## Work request
Look through the entries and report how many lines include the word "some". Give the number alone.

::: Available data

-- ===== src/Keyspace/Del.antt =====
-- do_del on every branch.
use cand_cppwith_linux.Base.{
  ℕ, ◌+◌, ◌<◌, ◌≡◌, ◌≢◌, refl, sym, ap, ◌∙◌, inl, inr, Bool-cases, true, false, Option, none, some,
  List, [], ◌∷◌, ◌++◌, Perm, ok, ◌>>=◌, Returns, returns, Returns-bind, arith, get_elem?, length,
  ◌==◌, if◌then◌else◌,
}
use cand_cppwith_linux.Base.Int.{negsuc}
use cand_cppwith_linux.Memory.{Ptr, null}
use cand_cppwith_linux.HashTable.{HNode, HMap}
use cand_cppwith_linux.HashTable.Slots.{is_match}
use cand_cppwith_linux.HashTable.Map.{map_contents, IsMap}
use cand_cppwith_linux.HashTable.Find.{Popped, nothing, popped, hm_pop-Popped}
use cand_cppwith_linux.Heap.Order.{limit}
use cand_cppwith_linux.Ttl.{deadline}
use cand_cppwith_linux.Ttl.SetTtl.{entry_set_ttl-SetsDeadline}
use cand_cppwith_linux.Wire.{Bytes, out_int}
use cand_cppwith_linux.Keyspace.{Entry, GData, entry_eq, key_node, entry_del, do_del}
use cand_cppwith_linux.Keyspace.Find.{count_p-agree}
use cand_cppwith_linux.Keyspace.View.{
  IsKeyspace, Store, view, address, key_is, is_dead, in_order, live_node, found_live, match_is_key,
  key_is-at, eq_of_bytes_eq, reordered, view-reordered, view-absent, view-located, address-located,
}
use cand_cppwith_linux.Keyspace.Read.{Kept}
use cand_cppwith_linux.Keyspace.Set.{SetsKey}
use cand_cppwith_linux.Keyspace.Remove.{
  is_large, freed, too_big-ok, entry_destroy-freed, removed-SetsKey,
}

-- The outcomes of `del` on the key `k`: there is no such key, its entry is freed, or its entry, a
-- large sorted set, is a job of the thread pool and is not freed yet.
pub data Deleted (g : GData) (k out : Bytes) : GData × Bytes → Type 0 where
  no_key : (g' : GData) → Kept g g' → view g k ≡ none → Deleted g k out (g', out_int out 0)
  gone :
      (g' : GData) (ent : Entry)
      → view g k ≡ some ent
      → is_large ent ≡ false
      → SetsKey g k none g'
      → g'.entries ≡ freed g.entries (address g k)
      → g'.jobs ≡ g.jobs
      → ((r : Ptr)
          → deadline g'.timers r ≡ (if r == address g k then none else deadline g.timers r))
      → Deleted g k out (g', out_int out 1)
  handed_over :
      (g' : GData) (ent : Entry)
      → view g k ≡ some ent
      → is_large ent ≡ true
      → SetsKey g k none g'
      → g'.entries ≡ g.entries
      → g'.jobs ≡ g.jobs ++ (address g k ∷ [])
      → ((r : Ptr)
          → deadline g'.timers r ≡ (if r == address g k then none else deadline g.timers r))
      → Deleted g k out (g', out_int out 1)

freed-other : (es : Store) (p a : Ptr) → a ≢ p → freed es p a ≡ es a
freed-other es p a ne = ground arith

entry_del-Deleted :
    (now : ℕ) (g : GData) (k out : Bytes) (n : HNode Ptr) (ent : Entry) (db : HMap Ptr)
    → IsKeyspace g
    → IsMap db
    → Perm (n ∷ map_contents db) (map_contents g.db)
    → n.payload ≢ null
    → g.entries n.payload ≡ some ent
    → in_order n ent ≡ true
    → ent.key ≡ k
    → length g.timers.items + 1 < limit
    → Returns
        (λ g₂. Deleted g k out (g₂, out_int out 1))
        (entry_del now (record g { db = db }) n.payload)
unfolding entry_del
entry_del-Deleted now g k out n ent db v map perm ne at order same room =
    let there = view-located g k n (map_contents db) ent v perm ne at same in
    let here = address-located g k n (map_contents db) ent v perm at same in
    Returns-bind (entry_set_ttl-SetsDeadline g.timers n.payload (negsuc 0) now v.timers room) λ m s.
      rw (at, too_big-ok n ent order)
        (elim (Bool-cases (is_large ent)) [
          | inl large ↦ rw large (
              returns (
                handed_over _ ent there large
                  (removed-SetsKey g k n ent db g.entries m (g.jobs ++ (n.payload ∷ [])) v perm at
                    same (λ a _. refl) map s)
                  refl (rw here refl) (λ r. rw here (s.deadlines r))))
          | inr small ↦
              rw (small, entry_destroy-freed g.entries n.payload n ent at order)
                (returns (
                  gone _ ent there small
                    (removed-SetsKey g k n ent db (freed g.entries n.payload) m g.jobs v perm at
                      same (freed-other g.entries n.payload) map s)
                    (ap (freed g.entries) (sym here)) refl (λ r. rw here (s.deadlines r))))
        ])

-- From a state in order with room for one more timer, do_del ends without a fault. It answers 0 and
-- changes no key, entry, timer or job if the key has no entry; otherwise it answers 1, the key has
-- no entry afterwards and its entry no deadline, no other key or deadline changes, and the entry is
-- freed, or is appended to the jobs of the thread pool if it is a large sorted set.
pub do_del-Deletes :
    (now : ℕ) (g : GData) (cmd : List Bytes) (k out : Bytes)
    → get_elem? cmd 1 ≡ some k
    → IsKeyspace g
    → length g.timers.items + 1 < limit
    → Returns (Deleted g k out) (do_del now g cmd out)
unfolding do_del
do_del-Deletes now g cmd k out arg v room =
    rw arg (
      Returns-bind (hm_pop-Popped (key_node k) (entry_eq g.entries k) g.db v.map) λ r f. answer r f)
  where
    answer :
        (r : Option (HNode Ptr) × HMap Ptr)
        → Popped (key_node k) (entry_eq g.entries k) g.db r
        → Returns (Deleted g k out) (elim (r.0) [
          | none ↦ ok (record g { db = r.1 }, out_int out 0)
          | some n ↦
              (entry_del now (record g { db = r.1 }) n.payload >>= λ g₂. ok (g₂, out_int out 1))
        ])
    answer _ (nothing {r} m p zero_count) =
        let same_test =
          count_p-agree (is_dead g.entries) (is_match (entry_eq g.entries k) (key_node k))
            (key_is g.entries k) (map_contents g.db) v.live (match_is_key g.entries k) in
        returns (
          no_key _
            (record {
              valid = reordered g r v m p;
              same = λ k'. view-reordered g r k' v p;
              timers = refl;
              jobs = refl;
              entries = refl;
            })
            (view-absent g k (sym same_test ∙ zero_count)))
    answer _ (popped {r} n m p hit) =
        let alive = found_live g.entries n (map_contents r) (map_contents g.db) p v.live in
        let (ne, ent, at, order) = live_node g.entries n alive in
        let same =
          eq_of_bytes_eq ent.key k (
            sym (key_is-at g.entries k n ent at)
            ∙ (sym (match_is_key g.entries k n alive) ∙ hit)) in
        Returns-bind (entry_del-Deleted now g k out n ent r v m p ne at order same room)
          λ g₂ d. returns d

::::::

## Task response
6